Using sublingual immunotherapy to treat atopic dermatitis in canine veterinary patients Consider oral allergen administration when treating patients with this skin condition to reduce reaction risk and achieve an optimal result.
By Thomas Lewis, DVM, DACVD DVM360 MAGAZINE
The practice of desensitizing an allergic patient with sublingual drops of allergens instead of utilizing subcutaneous injections has been available in human medicine for many years, and it recently obtained FDA approval for the treatment of allergic rhinitis to certain grasses. Over the past several years, there has been more interest in and research done on this modality in veterinary medicine, giving the practitioner who treats atopic patients with immunotherapy a welcome additional option. Recent studies have demonstrated that the treatment is safe, and I personally find it effective in my own patients.
Benefits of sublingual immunotherapy
One obvious benefit of sublingual versus injectable immunotherapy is the fact that needles are not involved. Some needle-phobic clients (and patients) now have the ability to easily administer immunotherapy without the physical and emotional trauma of an injection. Because glycerin can have a slightly sweet taste, most dogs do not mind the administration of the product, which ideally is placed below the tongue and behind the mandibular incisors. Another significant advantage of sublingual over injectable immunotherapy is the higher margin of safety.6,7 Patients that experience adverse reactions to allergen injections should be considered excellent candidates for sublingual immunotherapy.6 In my practice, we've had several patients that exhibited anaphylaxis in response to either the intradermal allergy test or their injectable allergens that have not just tolerated but responded well to sublingual immunotherapy.

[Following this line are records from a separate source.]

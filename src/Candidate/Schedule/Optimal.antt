-- ===== src/Candidate/Schedule/Optimal.antt =====
-- The dynamic programme chooses a set of greatest coverage from the sorted group.
use aninode.Prelude.{
  ℕ, true, false, ◌≡◌, refl, List, [], ◌∷◌, ◌++◌, ℤ, pos, ◌≤ℤ◌, ◌+ℤ◌, All-both, eqb_ℤ_iff, All,
  Ordered, Ordered-sort_stable, sort_stable, arith, Bool-cases, inl, inr, Text, Option,
}
use aninode.Episode.{Key, end_of, width}
use aninode.Candidate.{Candidate}
use aninode.Candidate.Order.{ContentSource}
use aninode.Candidate.Schedule.{
  Selection, no_selection, episode_at, better_selection, previous_selection, latest, next_selection,
  schedule, ends_before, best_selection,
}
use aninode.Candidate.Schedule.Chains.{
  EndsUpTo, EndsBefore, Best, Table, BestAmong-previous, Best-latest, Follows, included, excluded,
  stop, total_width, Pick,
}

-- The second list in reverse, in front of the first.
unfoldable pub reverse_onto : List ℕ → List ℕ → List ℕ
reverse_onto ds [] = ds
reverse_onto ds (i ∷ is) = reverse_onto (i ∷ ds) is

Best-none : (ep : ℕ → Key) → Best ep [] no_selection
unfolding Best total_width
Best-none ep = record {
  chain = [];
  picked = stop;
  fits = tt;
  indexes = refl;
  coverage = refl;
  greatest = λ c p f. none_covered c p;
}
  where
    none_covered : (c : List ℕ) → Pick (EndsBefore ep) c [] → total_width ep c ≤ℤ pos 0
    none_covered _ stop = omega arith

nothing_before : (P : ℕ → ℕ → Type 0) (is : List ℕ) → All (λ i. All (P i) []) is
nothing_before P [] = tt
nothing_before P (i ∷ is) = (tt, nothing_before P is)

module _ (sources : List (Text × ContentSource)) (score : Option (Candidate → ℤ))
    (cs : List Candidate) where
  preferred_covers :
      (a bx : Selection) → better_selection sources score cs a bx ≡ true → bx.coverage ≤ℤ a.coverage
  unfolding better_selection
  preferred_covers a bx h = ground (arith, eqb_ℤ_iff a.coverage bx.coverage)

  not_preferred_covers :
      (a bx : Selection)
      → better_selection sources score cs a bx ≡ false
      → a.coverage ≤ℤ bx.coverage
  unfolding better_selection
  not_preferred_covers a bx h = ground (arith, eqb_ℤ_iff a.coverage bx.coverage)

  next_selection-Best :
      (i : ℕ) (ds : List ℕ) (ss : List Selection)
      → Ordered (EndsUpTo (episode_at sources score cs)) ds
      → Table (episode_at sources score cs) ds ss
      → Best (episode_at sources score cs) (i ∷ ds) (next_selection sources score cs i ds ss)
  unfolding next_selection Follows
  next_selection-Best i ds ss o t =
      let ep = episode_at sources score cs in
      let previous = previous_selection ep (ep i).episode_start ds ss in
      let include : Selection = record {
        indexes = previous.indexes ++ i ∷ [];
        coverage = previous.coverage +ℤ width (ep i);
      } in
      let other = Best-latest ep ds ss t in
      let follows : Follows ep i ds previous include =
        (BestAmong-previous ep (ep i).episode_start ds ss o t, refl, refl) in
      elim (Bool-cases (better_selection sources score cs include (latest ss))) [
        | inl take ↦ rw take (
            included ep i ds previous include (latest ss) follows other
              (preferred_covers include (latest ss) take))
        | inr leave ↦ rw leave (
            excluded ep i ds previous include (latest ss) follows other
              (not_preferred_covers include (latest ss) leave))
      ]

  schedule-Best :
      (is ds : List ℕ) (ss : List Selection)
      → Ordered (EndsUpTo (episode_at sources score cs)) ds
      → Ordered (λ x y. EndsUpTo (episode_at sources score cs) y x) is
      → All (λ i. All (EndsUpTo (episode_at sources score cs) i) ds) is
      → Table (episode_at sources score cs) ds ss
      → Best (episode_at sources score cs) (reverse_onto ds is) (schedule sources score cs ds ss is)
        × Ordered (EndsUpTo (episode_at sources score cs)) (reverse_onto ds is)
  unfolding schedule reverse_onto
  schedule-Best [] ds ss o up all t = (Best-latest (episode_at sources score cs) ds ss t, o)
  schedule-Best (i ∷ is) ds ss o up all t =
      schedule-Best is (i ∷ ds) (next_selection sources score cs i ds ss ∷ ss) (all.0, o) up.1
        (All-both (λ j. EndsUpTo (episode_at sources score cs) j i) _ is up.0 all.1)
        (next_selection-Best i ds ss o t, t)

  sorted_ends :
      (idx : List ℕ)
      → Ordered
          (λ x y. EndsUpTo (episode_at sources score cs) y x)
          (sort_stable (ends_before sources score cs) idx)
  unfolding ends_before
  sorted_ends idx =
      Ordered-sort_stable (ends_before sources score cs)
        (λ x y. EndsUpTo (episode_at sources score cs) y x) (λ x y h. ends_refines x y h)
        (λ x y h. not_ends_refines x y h) (λ x y z h k. omega arith) idx
    where
      ends_refines :
          (x y : ℕ)
          → ends_before sources score cs x y ≡ true
          → EndsUpTo (episode_at sources score cs) y x
      ends_refines x y h = ground (
        arith,
        eqb_ℤ_iff (end_of (episode_at sources score cs x)) (end_of (episode_at sources score cs y)),
      )

      not_ends_refines :
          (x y : ℕ)
          → ends_before sources score cs y x ≡ false
          → EndsUpTo (episode_at sources score cs) y x
      not_ends_refines x y h = ground (
        arith,
        eqb_ℤ_iff (end_of (episode_at sources score cs y)) (end_of (episode_at sources score cs x)),
      )

  -- The sorted group, latest first.
  abbrev pub latest_first : List ℕ → List ℕ
  latest_first idx = reverse_onto [] (sort_stable (ends_before sources score cs) idx)

  pub best_selection-Best :
      (idx : List ℕ)
      → Best (episode_at sources score cs) (latest_first idx) (best_selection sources score cs idx)
        × Ordered (EndsUpTo (episode_at sources score cs)) (latest_first idx)
  unfolding best_selection Best total_width
  best_selection-Best idx =
      schedule-Best (sort_stable (ends_before sources score cs) idx) [] (no_selection ∷ []) tt
        (sorted_ends idx)
        (nothing_before (EndsUpTo (episode_at sources score cs))
          (sort_stable (ends_before sources score cs) idx))
        (Best-none (episode_at sources score cs))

Another reason to consider sublingual immunotherapy is the fact that placement of the allergen sublingually can result in a different, possibly more favorable, immunological response.3,7,8 Patients that have failed to respond adequately to injectable immunotherapy may respond well to sublingual. The first patient I personally started on sublingual immunotherapy had been receiving injectable immunotherapy for nearly two years with only marginal improvement. The patient experienced significant improvement after less than 30 days of sublingual immunotherapy.
Dosing
In our practice, we do not use a diluted vial, but instead we start the first day with the more concentrated allergen vial averaging 20,000 protein nitrogen units (PNU) per milliliter (PNU/ml). We feel that the additional safety of sublingual immunotherapy also lends itself to this more rapid protocol schedule so that our patients may respond more quickly. In the 12-month period from May 2013 through April 2014, the doctors at Dermatology for Animals have placed 910 patients on sublingual immunotherapy with the starting recommendation of 0.05 ml (one pump) of allergen administered once daily. Of these patients, four (0.44 percent) have experienced hives of the trunk, and one experienced vomiting. In one of these patients, the hives subsided and did not recur with subsequent dosing of the immunotherapy. Three of these patients tolerated the sublingual allergen when it was diluted 1:1 with glycerin, resulting in a 10,000 PNU/ml concentration. All three of these patients are currently doing well. A notable adverse event rate of less than half of 1 percent is certainly an admirably safe protocol, especially when compared with the alternative therapeutic options—and again, this was without using diluted vials and an induction schedule. There have been a few more cases (approximately 15) in which the owners believed their dogs exhibited temporary (less than one minute) oral or facial scratching after the allergen was administered. When human patients react to sublingual immunotherapy with oral itch, one recommendation is to place the allergens in the vestibule of the oral cavity instead of sublingually, which might circumvent or minimize mast cell-related side effects of this type of immunotherapy.8
When to use it
When starting a new patient on allergen-specific immunotherapy, I currently recommend the sublingual route as the initial protocol and will switch to injectable immunotherapy only if the patient is not achieving a positive response after eight months. Like many aspects of allergy and immunotherapy, the adage that "one size does not fit all" applies, and fine tuning of sublingual immunotherapy may be necessary in some patients just as it is with injectable protocols. Whereas some patients may require one pump 50 µl (0.05 ml), some patients respond more favorably to 0.1 ml daily, while others 0.05 ml twice daily. In human medicine, published protocols range from twice-daily dosing to once-weekly dosing and from year-round administration to preseasonal (starting one month before symptoms start and stopping at the start of the allergy season), coseasonal (start and end with the pollen season) or variations of the above. My own atopic dog is well controlled on an average of four doses per week.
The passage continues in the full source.